Reinholds.

Reinholds Bunde

Engineering @ Home

London, UK

I build customer-facing systems for companies that need reliability, speed, and pragmatic engineering.

Currently, I lead engineering at Home, splitting my time between product, JVM backends, distributed systems, and platform reliability.

Previously, I scaled payments infrastructure at Zopa and , built telemetry pipelines at Forter, and led engineering growth at KatKin.

Kotlin Java http4k React Full-Stack AI Agents Observability TypeScript CI/CD

Current Focus & Interests

I am currently optimizing for operational simplicity, highly responsive feedback loops, and workflows that reduce accidental complexity in small engineering teams.

Recent rabbit holes: Practical LLM integration to automate repetitive toil (rather than adding maintenance burden), lightweight state machines on SQL databases, and building deterministic CI/CD pipelines.

What I value: Clear ownership, systems designed to survive real users, and small, high-agency teams shipping code quickly.

Selected Writing & Thoughts

Why I Prefer http4k

It models HTTP as a pure function: HttpHandler = (Request) -> Response. No magic annotations, instant boot, and trivial unit testing.

AI in Real Pipelines

Excellent for eliminating boilerplate, but risky for system layout.

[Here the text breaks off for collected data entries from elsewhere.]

-- ===== src/Evidence/Select/Grouping.antt =====
-- The grouping of observations by source: each source has one entry, and its own rows.
use fireviewer_backend.Evidence.Select.{BySource, add_row, append_new, group, rows_of}
use fireviewer_backend.Incident.Rows.{Observation}
use fireviewer_backend.Prelude.{
  ==_iff, All, All-append, Bool, Bool-cases, List, [], all, arith, false, if◌then◌else◌, inl, inr,
  map, max, not, refl, str_eq, subst, tally, true, ℕ, ◌++◌, ◌==◌, ◌∷◌, ◌≡◌, ◌≤◌,
}

abbrev pub keys : BySource → List ℕ
keys by_source = map (λ (entry : ℕ × List Observation). entry.0) by_source

rows_of-add_row :
    (s : ℕ) (o : Observation) (b : BySource)
    → rows_of s (add_row o b)
      ≡ (if o.source_id == s then append_new o (rows_of s b) else rows_of s b)
unfolding rows_of add_row
rows_of-add_row s o [] = refl
rows_of-add_row s o ((k, rows) ∷ rest) = ground (arith, rows_of-add_row s o rest)

tally-keys-add_row :
    (s : ℕ) (o : Observation) (b : BySource)
    → tally (λ k. k == s) (keys (add_row o b)) ≡ (
        if o.source_id == s
        then max 1 (tally (λ k. k == s) (keys b))
        else tally (λ k. k == s) (keys b))
unfolding tally add_row
tally-keys-add_row s o [] = ground arith
tally-keys-add_row s o ((k, rows) ∷ rest) = ground (arith, tally-keys-add_row s o rest)

-- One entry for each source.
pub record IsKeyed (b : BySource) : Type 0 where
  pub once : (s : ℕ) → tally (λ k. k == s) (keys b) ≤ 1

group-IsKeyed : (os : List Observation) (b : BySource) → IsKeyed b → IsKeyed (group os b)
unfolding group
group-IsKeyed [] b h = h
group-IsKeyed (o ∷ os) b h =
    group-IsKeyed os (add_row o b)
      (record { once = λ s. ground (arith, h.once s, tally-keys-add_row s o b) })

module _ (P : ℕ → Observation → Type 0) where
  All-append_new :
      (s : ℕ) (o : Observation) (rows : List Observation)
      → P s o
      → All (P s) rows
      → All (P s) (append_new o rows)
  All-append_new s o rows p h =
      pick (all (λ row. not (str_eq row.evidence_hash o.evidence_hash)) rows)
    where
      pick : (b : Bool) → All (P s) (if b then rows ++ (o ∷ []) else rows)
      pick true = All-append (P s) rows (o ∷ []) h (p, tt)
      pick false = h

  -- What holds of each observation under its own source holds of the rows of each source.
  group-rows :
      (os : List Observation) (b : BySource)
      → All (λ o. P o.source_id o) os
      → ((s : ℕ) → All (P s) (rows_of s b))
      → (s : ℕ) → All (P s) (rows_of s (group os b))
  unfolding group
  group-rows [] b h rows = rows
  group-rows (o ∷ os) b h rows = group-rows os (add_row o b) h.1 added
    where
      added : (s : ℕ) → All (P s) (rows_of s (add_row o b))
      added s = elim (Bool-cases (o.source_id == s)) [
        | inl e ↦
            rw (rows_of-add_row s o b, e)
              (All-append_new s o (rows_of s b)
                (subst (λ k. P k o) ((==_iff o.source_id s).0 e) h.0) (rows s))
        | inr e ↦ rw (rows_of-add_row s o b, e) (rows s)
      ]

pub grouped_rows :
    (P : ℕ → Observation → Type 0) (os : List Observation)
    → All (λ o. P o.source_id o) os
    → (s : ℕ) → All (P s) (rows_of s (group os []))
grouped_rows P os h = group-rows P os [] h (λ s. unfold rows_of in tt)

pub grouped-IsKeyed : (os : List Observation) → IsKeyed (group os [])
grouped-IsKeyed os = group-IsKeyed os [] (record { once = λ s. unfold tally in omega arith })
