-- ===== src/Evidence/Select/Keeps.antt =====
-- What every assignment of a hash keeps, the whole search keeps.
use fireviewer_backend.Evidence.Select.{
  BySource, Matched, Search, after_move, augment, augment_all, claim, get_match, is_visited,
  put_match, rows_of, try_rows, visit,
}
use fireviewer_backend.Incident.Rows.{Observation}
use fireviewer_backend.Prelude.{
  All, Bool, Bool-cases, List, Option, [], false, inl, inr, none, some, suc, true, zero, ℕ, ◌∷◌,
}

module _ (Q : Matched → Type 0) (G : Observation → Type 0)
    (assign : (o : Observation) (m : Matched) → G o → Q m → Q (put_match o.evidence_hash o m)) where
  module _ (recur : ℕ → Search → Bool × Search)
      (keep : (c : ℕ) (s : Search) → Q s.matched → Q (recur c s).1.matched) where
    claim-keeps :
        (o : Observation) (next : Search → Bool × Search) (held_by : Option Observation)
        (s : Search)
        → ((s' : Search) → Q s'.matched → Q (next s').1.matched)
        → G o
        → Q s.matched
        → Q (claim recur o next held_by s).1.matched
    claim-keeps o next none s h g q = assign o s.matched g q
    claim-keeps o next (some c) s h g q = moved (recur c.source_id s) (keep c.source_id s q)
      where
        moved : (r : Bool × Search) → Q r.1.matched → Q (after_move o next r).1.matched
        moved (true, s') q' = assign o s'.matched g q'
        moved (false, s') q' = h s' q'

    try_rows-keeps :
        (os : List Observation) (s : Search)
        → All G os
        → Q s.matched
        → Q (try_rows recur os s).1.matched
    unfolding try_rows
    try_rows-keeps [] s g q = q
    try_rows-keeps (o ∷ os) s g q = elim (Bool-cases (is_visited o.evidence_hash s.visited)) [
      | inl e ↦ rw e (try_rows-keeps os s g.1 q)
      | inr e ↦ rw e (
          claim-keeps o (try_rows recur os) (get_match o.evidence_hash s.matched) (visit o s)
            (λ s' q'. try_rows-keeps os s' g.1 q') g.0 q)
    ]

  module _ (by_source : BySource) (good : (s : ℕ) → All G (rows_of s by_source)) where
    augment-keeps :
        (fuel source : ℕ) (s : Search) → Q s.matched → Q (augment by_source fuel source s).1.matched
    unfolding augment
    augment-keeps zero source s q = q
    augment-keeps (suc fuel) source s q =
        try_rows-keeps (augment by_source fuel) (augment-keeps fuel) (rows_of source by_source) s
          (good source) q

    pub augment_all-keeps :
        (fuel : ℕ) (sources : List ℕ) (m : Matched) → Q m → Q (augment_all by_source fuel sources m)
    unfolding augment_all
    augment_all-keeps fuel [] m q = q
    augment_all-keeps fuel (s ∷ rest) m q =
        augment_all-keeps fuel rest _
          (augment-keeps fuel s (record { visited = []; matched = m }) q)
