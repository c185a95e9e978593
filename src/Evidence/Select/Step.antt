-- ===== src/Evidence/Select/Step.antt =====
-- One call of `augment`: on success its source holds one hash more and no other source holds more or
-- less; on failure the matching is as it was. Hashes that were visited before keep their rows.
use fireviewer_backend.Evidence.Select.{
  BySource, Matched, Search, after_move, augment, claim, get_match, is_visited, put_match, rows_of,
  take_hash, try_rows, visit,
}
use fireviewer_backend.Incident.Rows.{Observation}
use fireviewer_backend.Prelude.{
  All, Bool, Bool-cases, List, Option, String, [], any, arith, eq_iff, eq_refl, false, inl, inr,
  none, refl, some, str_eq, subst, suc, sym, true, zero, ℕ, ◌&&◌, ◌+◌, ◌==◌, ◌∙◌, ◌∷◌, ◌≡◌,
}

abbrev pub is_source : ℕ → Observation → Bool
is_source s o = o.source_id == s

abbrev pub one_if : Bool → ℕ
one_if true = 1
one_if false = 0

-- The number of hashes that a source holds.
unfoldable pub held : ℕ → Matched → ℕ
held s [] = 0
held s ((k, o) ∷ rest) = one_if (is_source s o) + held s rest

-- Taking a free hash, or one that `c` held.
held-put_match_free :
    (s : ℕ) (h : String) (o : Observation) (m : Matched)
    → get_match h m ≡ none
    → held s (put_match h o m) ≡ held s m + one_if (is_source s o)
unfolding held get_match put_match
held-put_match_free s h o [] e = omega arith
held-put_match_free s h o ((k, c) ∷ rest) e = ground (arith, held-put_match_free s h o rest)

held-put_match-held :
    (s : ℕ) (h : String) (o c : Observation) (m : Matched)
    → get_match h m ≡ some c
    → held s (put_match h o m) + one_if (is_source s c) ≡ held s m + one_if (is_source s o)
unfolding held get_match put_match
held-put_match-held s h o c [] e = cc
held-put_match-held s h o c ((k, c') ∷ rest) e = ground (arith, held-put_match-held s h o c rest)

get_match-put_match_ne :
    (h j : String) (o : Observation) (m : Matched)
    → str_eq h j ≡ false
    → get_match j (put_match h o m) ≡ get_match j m
unfolding get_match put_match
get_match-put_match_ne h j o [] e = rw e
get_match-put_match_ne h j o ((k, c) ∷ rest) e =
    ground (arith, eq_iff k h, eq_iff k j, eq_iff h j, get_match-put_match_ne h j o rest)

-- What a call promises for the source `s`, whatever its result.
pub record Serves (s : ℕ) (before : Search) (after : Bool × Search) : Type 0 where
  pub grown :
      (h : String) → is_visited h before.visited ≡ true → is_visited h after.1.visited ≡ true
  pub kept :
      (h : String)
      → is_visited h before.visited ≡ true
      → get_match h after.1.matched ≡ get_match h before.matched
  pub counted :
      (x : ℕ) → held x after.1.matched ≡ held x before.matched + one_if (after.0 && s == x)

Serves-skip : (s : ℕ) (before : Search) → Serves s before (false, before)
Serves-skip s before = record { grown = λ h v. v; kept = λ h v. refl; counted = λ x. omega arith }

Serves-then :
    {s : ℕ} {before middle : Search} {after : Bool × Search}
    → Serves s before (false, middle)
    → Serves s middle after
    → Serves s before after
Serves-then a b = record {
  grown = λ h v. b.grown h (a.grown h v);
  kept = λ h v. b.kept h (a.grown h v) ∙ a.kept h v;
  counted = λ x. omega (arith, a.counted x, b.counted x);
}

-- Looking at a hash for the first time.
visit_grows :
    (h : String) (o : Observation) (s : Search)
    → is_visited h s.visited ≡ true
    → is_visited h (visit o s).visited ≡ true
unfolding is_visited any
visit_grows h o s v = ground arith

visit_self : (o : Observation) (s : Search) → is_visited o.evidence_hash (visit o s).visited ≡ true
unfolding is_visited any
visit_self o s = rw (eq_refl o.evidence_hash)

other_hash :
    (h : String) (o : Observation) (s : Search)
    → is_visited o.evidence_hash s.visited ≡ false
    → is_visited h s.visited ≡ true
    → str_eq o.evidence_hash h ≡ false
other_hash h o s new v = elim (Bool-cases (str_eq o.evidence_hash h)) [
  | inr e ↦ e
  | inl e ↦ cc (new, v, (eq_iff o.evidence_hash h).0 e)
]

module _ (recur : ℕ → Search → Bool × Search)
    (serves : (c : ℕ) (s : Search) → Serves c s (recur c s)) where
  -- A first look at the hash of `o`.
  module _ (o : Observation) (s : Search) (new : is_visited o.evidence_hash s.visited ≡ false) where
    -- The hash was free.
    Serves-free :
        get_match o.evidence_hash s.matched ≡ none
        → Serves o.source_id s (true, take_hash o (visit o s))
    Serves-free free = record {
      grown = λ h v. visit_grows h o s v;
      kept = λ h v. get_match-put_match_ne o.evidence_hash h o s.matched (other_hash h o s new v);
      counted = λ x. held-put_match_free x o.evidence_hash o s.matched free;
    }

    -- The hash was held by `c`, whose source found another.
    Serves-moved :
        (c : Observation) (s' : Search)
        → get_match o.evidence_hash s.matched ≡ some c
        → Serves c.source_id (visit o s) (true, s')
        → Serves o.source_id s (true, take_hash o s')
    Serves-moved c s' holder a = record {
      grown = λ h v. a.grown h (visit_grows h o s v);
      kept = λ h v.
          get_match-put_match_ne o.evidence_hash h o s'.matched (other_hash h o s new v)
          ∙ a.kept h (visit_grows h o s v);
      counted = λ x. omega (
        arith,
        a.counted x,
        held-put_match-held x o.evidence_hash o c s'.matched
            (a.kept o.evidence_hash (visit_self o s) ∙ holder),
      );
    }

    -- The hash was held by `c`, whose source found no other.
    Serves-stuck :
        (c : Observation) (s' : Search)
        → Serves c.source_id (visit o s) (false, s')
        → Serves o.source_id s (false, s')
    Serves-stuck c s' a = record {
      grown = λ h v. a.grown h (visit_grows h o s v);
      kept = λ h v. a.kept h (visit_grows h o s v);
      counted = λ x. a.counted x;
    }

    Serves-claim :
        (next : Search → Bool × Search) (held_by : Option Observation)
        → get_match o.evidence_hash s.matched ≡ held_by
        → ((s' : Search) → Serves o.source_id s' (next s'))
        → Serves o.source_id s (claim recur o next held_by (visit o s))
    Serves-claim next none e h = Serves-free e
    Serves-claim next (some c) e h =
        moved (recur c.source_id (visit o s)) (serves c.source_id (visit o s))
      where
        moved :
            (r : Bool × Search)
            → Serves c.source_id (visit o s) r
            → Serves o.source_id s (after_move o next r)
        moved (true, s') a = Serves-moved c s' e a
        moved (false, s') a = Serves-then (Serves-stuck c s' a) (h s')

  Serves-try_rows :
      (source : ℕ) (os : List Observation) (s : Search)
      → All (λ o. o.source_id ≡ source) os
      → Serves source s (try_rows recur os s)
  unfolding try_rows
  Serves-try_rows source [] s h = Serves-skip source s
  Serves-try_rows source (o ∷ os) s h = elim (Bool-cases (is_visited o.evidence_hash s.visited)) [
    | inl e ↦ rw e (Serves-try_rows source os s h.1)
    | inr e ↦ rw e (
        subst
          (λ c.
            Serves c s
              (claim recur o (try_rows recur os) (get_match o.evidence_hash s.matched) (visit o s)))
          h.0
          (Serves-claim o s e (try_rows recur os) (get_match o.evidence_hash s.matched) refl (λ s'.
            subst (λ c. Serves c s' (try_rows recur os s')) (sym h.0)
              (Serves-try_rows source os s' h.1))))
  ]

-- The rows of each source are its own.
abbrev pub IsGrouped : BySource → Type 0
IsGrouped by_source = (s : ℕ) → All (λ o. o.source_id ≡ s) (rows_of s by_source)

pub Serves-augment :
    (by_source : BySource)
    → IsGrouped by_source
    → (fuel source : ℕ) (s : Search) → Serves source s (augment by_source fuel source s)
unfolding augment
Serves-augment by_source g zero source s = Serves-skip source s
Serves-augment by_source g (suc fuel) source s =
    Serves-try_rows (augment by_source fuel) (Serves-augment by_source g fuel) source
      (rows_of source by_source) s (g source)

Use AI to remove mechanical toil, not engineering judgment, and back it with deterministic tests.

Premature Platform Engineering

Until coordination is a bottleneck, internal platforms are a costly distraction. Prefer simple deployments, boring tech, and maximum product focus.

Engineering Principles & Mindset

Simplicity Over Cleverness

I believe the best system design is the one you can fully hold in your head. Avoid premature abstraction, keep telemetry robust from day one, and favor boring, well-understood technologies that ship fast and stay up.

Product-led Engineering

Great software isn't just about elegant code; it's about solving real human problems. I work closely with product and design, treating engineering decisions as product trade-offs where speed-to-feedback is a primary metric.

Systems Should Be Debuggable

A system you cannot observe is a liability in production. I prioritize clear telemetry, predictable logging, and structured tracing from day one so that debugging is science, not luck.

Prefer Boring Technology

Keep your innovation tokens focused on your unique business problems, not your database or server framework. Choose proven, mature, and boring stacks to keep the operational burden low.